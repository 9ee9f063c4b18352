-- ===== src/DbPrint/Main.antt =====
-- `main` of bin/print.rs behind its command line: what is printed for which options.
pub mod Laws
use ever_node_tools.Prelude.{String, Bool, Option, none, some}
use ever_node_tools.Outcome.{outcome}
use ever_node_tools.Io.{Io, pure, lift, ◌>>=◌, ◌>>◌}
use ever_node_tools.Rust.Word.{Bytes}
use ever_node_tools.DbPrint.Db.{
  Api, World, print_block, print_state, print_db_block, print_db_state, print_shards, get_block_id,
}
use ever_node_tools.Prelude.{if◌then◌else◌}
use ever_node_tools.Clap.{Matches}
use ever_node_tools.DbPrint.Args.{Options, options_of}
use ever_node_tools.DbPrint.Accounts.{print_accounts}

module _ (api : Api) (world : World api) where
  -- the state is tried only if the file holds no block
  abbrev pub print_if_state : Option api.State → Bool → Io String (Unit {0})
  print_if_state none brief = pure tt
  print_if_state (some state) brief = print_state api state brief

  abbrev pub print_found : Option api.Block → Bytes → Bool → Io String (Unit {0})
  print_found (some block) bytes brief = print_block api block brief
  print_found none bytes brief = print_if_state (api.state_from_bytes bytes) brief

  unfoldable pub print_boc : Bytes → Bool → Io String (Unit {0})
  print_boc bytes brief = print_found (api.block_from_bytes bytes) bytes brief

  abbrev pub given : Option String → (String → Io String (Unit {0})) → Io String (Unit {0})
  given none f = pure tt
  given (some text) f = f text

  abbrev pub print_accounts_if : Bool → world.Db → Io String (Unit {0})
  print_accounts_if last_accounts db =
      if last_accounts then print_accounts api world db else pure tt

  abbrev pub print_given_block : world.Db → Bool → String → Io String (Unit {0})
  print_given_block db brief id = do
    block_id ← lift (get_block_id api world db id)
    print_db_block api world db block_id brief

  abbrev pub print_given_state : world.Db → Bool → String → Io String (Unit {0})
  print_given_state db brief id = do
    block_id ← lift (get_block_id api world db id)
    print_db_state api world db block_id brief

  abbrev pub print_given_shards : world.Db → String → Io String (Unit {0})
  print_given_shards db id = do
    block_id ← lift (get_block_id api world db id)
    print_shards api world db block_id

  unfoldable pub print_db : world.Db → Options → Io String (Unit {0})
  print_db db options = do
    given options.block (print_given_block db options.brief)
    given options.state (print_given_state db options.brief)
    given options.shards (print_given_shards db)
    print_accounts_if options.last_accounts db

  abbrev pub print_file : String → Bool → Io String (Unit {0})
  print_file path brief = do bytes ← lift (outcome (world.file path)); print_boc bytes brief

  abbrev pub print_path : Options → String → Io String (Unit {0})
  print_path options db_dir = do db ← lift (outcome (world.with_update db_dir)); print_db db options

  abbrev pub print_source : Option String → Options → Io String (Unit {0})
  print_source (some path) options = print_file path options.brief
  print_source none options = given options.path (print_path options)

  unfoldable pub main_with : Options → Io String (Unit {0})
  unfolding print_boc print_db
  main_with options = print_source options.boc options

  unfoldable pub main : Matches → Io String (Unit {0})
  unfolding main_with
  main args = main_with (options_of args)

____

### Problem to solve:
Your answer should be the lines above, from the line containing "print_given_shards db id = do" up to and including the line containing "print_accounts_if options.last_accounts db", reproduced exactly and with nothing else.

### Solved problem:
  print_given_shards db id = do
    block_id ← lift (get_block_id api world db id)
    print_shards api world db block_id

  unfoldable pub print_db : world.Db → Options → Io String (Unit {0})
  print_db db options = do
    given options.block (print_given_block db options.brief)
    given options.state (print_given_state db options.brief)
    given options.shards (print_given_shards db)
    print_accounts_if options.last_accounts db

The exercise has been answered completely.